Piquet revela ter problema cardíaco e relembra disputa na Williams

quinta-feira, 11 de agosto de 2011

Nelson Piquet tem um hobby: colecionar carros antigos. Embora o tricampeão mundial de Fórmula 1 sinta orgulho de seu museu particular, montado em Brasília, o passatempo também funciona como uma espécie de terapia para o ex-piloto, conforme ele mesmo revelou ao programa Linha de Chegada, da Sportv.

Em entrevista a Reginaldo Leme, Nelson Piquet contou sobre sua carreira no automobilismo. Há 30 anos, ele conquistava o primeiro de seus três títulos mundiais na Fórmula 1. Sem correr desde 1993, ele se dedicou ao hobby para superar um problema cardíaco, que poderia até causar morte súbita..
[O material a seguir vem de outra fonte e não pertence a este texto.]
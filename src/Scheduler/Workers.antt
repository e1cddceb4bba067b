-- ===== src/Scheduler/Workers.antt =====
-- internal/scheduler/scheduler.go: registration, heartbeats and liveness of workers. A method takes
-- the reading of the clock that it makes.
use job_raft.Base.{
  ℕ, String, Bool, false, ◌&&◌, Option, none, some, List, [], ◌∷◌, ltb, if◌then◌else◌, ◌==◌, lookup,
  insert, values,
}
use job_raft.Task.{
  running, status_eq, Task, Err, worker_id_required, worker_not_registered, add_time,
}
use job_raft.Store.{Result, ok, err, Worker, Store}
use job_raft.Scheduler.Complete.{write_if_lease}
use job_raft.Store.Memory.{live_workers}
use job_raft.Scheduler.{Scheduler}

-- `Worker{ID: id, LastHeartbeat: now, LeaseUntil: now.Add(ttl)}` of the scheduler's own table.
abbrev pub fresh_worker : {S : Type 0} → String → ℕ → Scheduler S → Worker
fresh_worker id now s = record {
  id = id;
  last_heartbeat = now;
  lease_until = add_time now s.lease_ttl;
}

module _ {S : Type 0} (api : Store S) where
  -- Keeps what the registry returned, or passes its error on.
  abbrev pub keep_worker : String → Result Worker × S → Scheduler S → Result Worker × Scheduler S
  keep_worker id (err e, st) s = (err e, record s { store = st })
  keep_worker id (ok w, st) s =
      (ok w, record s { store = st; workers_by_id = insert id w s.workers_by_id })

  unfoldable pub register_worker : ℕ → String → Scheduler S → Result Worker × Scheduler S
  register_worker now id s = elim api.worker_registry [
    | some registry ↦ keep_worker id (registry.register_worker now id s.lease_ttl s.store) s
    | none ↦ if id == "" then (err worker_id_required, s) else (
      ok (fresh_worker id now s),
      record s { workers_by_id = insert id (fresh_worker id now s) s.workers_by_id },
    )
  ]

  -- The loop of `Heartbeat` over the listed tasks, for a store without a registry.
  unfoldable pub renew_listed : String → ℕ → List Task → S → S
  renew_listed id until [] st = st
  renew_listed id until (t ∷ ts) st = renew_listed id until ts (
      if status_eq t.status running && t.worker_id == id
      then (write_if_lease api t.id t.lease_token (record t { lease_until = some until }) st).1
      else st)

  -- The list of a call that failed is nil.
  abbrev pub listed : Result (List Task) → List Task
  listed (ok items) = items
  listed (err e) = []

  -- After a heartbeat at the registry the worker's task leases are renewed; errors are dropped.
  abbrev pub renew_registered :
      String
      → Result Worker × Scheduler S
      → (String → ℕ → S → Option Err × S)
      → Result Worker × Scheduler S
  renew_registered id (err e, s) renew = (err e, s)
  renew_registered id (ok w, s) renew =
      (ok w, record s { store = (renew id w.lease_until s.store).1 })

  unfoldable pub heartbeat : ℕ → String → Scheduler S → Result Worker × Scheduler S
  heartbeat now id s = elim api.worker_registry [
    | some registry ↦
        renew_registered id
          (keep_worker id (registry.heartbeat_worker now id s.lease_ttl s.store) s)
          registry.renew_worker_task_leases
    | none ↦ elim (lookup id s.workers_by_id) [
      | none ↦ (err worker_not_registered, s)
      | some w ↦
          let until = add_time now s.lease_ttl in
          let w' = record w { last_heartbeat = now; lease_until = until } in
          (
            ok w',
            record s {
              workers_by_id = insert id w' s.workers_by_id;
              store = renew_listed id until (listed (api.list s.store)) s.store;
            },
          )
    ]
  ]

  unfoldable pub workers : ℕ → Scheduler S → List Worker
  workers now s = elim api.worker_registry [
    | some registry ↦ elim (registry.list_workers now s.store) [ ok ws ↦ ws | err e ↦ [] ]
    | none ↦ live_workers now (values s.workers_by_id)
  ]

  unfoldable pub worker_healthy : ℕ → String → Scheduler S → Bool
  worker_healthy now id s = elim api.worker_registry [
    | some registry ↦ elim (registry.get_worker id s.store) [
      | ok w ↦ ltb now w.lease_until
      | err e ↦ false
    ]
    | none ↦ elim (lookup id s.workers_by_id) [ some w ↦ ltb now w.lease_until | none ↦ false ]
  ]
“Isto aqui é pura brincadeira. Não é nada, é meu passatempo. Há poucos anos, descobri que tinha um problema de má formação no coração e fui pesquisar o que podia fazer, se poderia operar. Encontrei um médico muito engraçado na Áustria, que me falou que poderia ter uma vida mais tranquila e fazer muitas coisas para prolongá-la”, disse.

Piquet ainda contou os conselhos dados pelo médico: beber um pouco, trabalhar menos e não ter mulher “chata” “Fui na dele. Tentei beber; não consegui. Travava os pés. O álcool me faz mal. Comecei a trabalhar menos e minha mulher é uma maravilha. O que me mata mais hoje é ver as corridas dos meninos”, afirmou, referindo-se aos filhos.

O ex-piloto comparou a Fórmula 1 de hoje e da época na qual corria. “A coisa mais difícil naquela época era que os carros não duravam todas as corridas. Não andávamos 100% a corrida inteira. Era mais complicado. Meu campeonato mais difícil foi o último, sem dúvida. Frank Williams teve um acidente e tive todo tipo de briga. Desenvolvi os carros e tinha mais experiência do que o Mansell, mas ele era um inglês dentro de uma equipe inglesa. Tive que usar muita astúcia para conseguir ganhar o campeonato”, comentou.

Ao falar dos momentos difíceis de sua carreira, Piquet lembrou a pancada na cabeça em um acidente sofrido em Ímola “Acho que nunca mais voltei ao que era. Era um segundo mais lento do que Mansell”, contou.

Outro acidente grave sofrido por Piquet foi em Indianápolis, quando sofreu múltiplas fraturas nas pernas e nos pés. “Era um sonho correr em Indianápolis. Apareceu a oportunidade quando tinha parado de correr. Se pensar hoje, foi uma coisa boa. Criou uma parede entre correr e não correr. Eu me dediquei ao meu trabalho e tudo deu certo”, completou.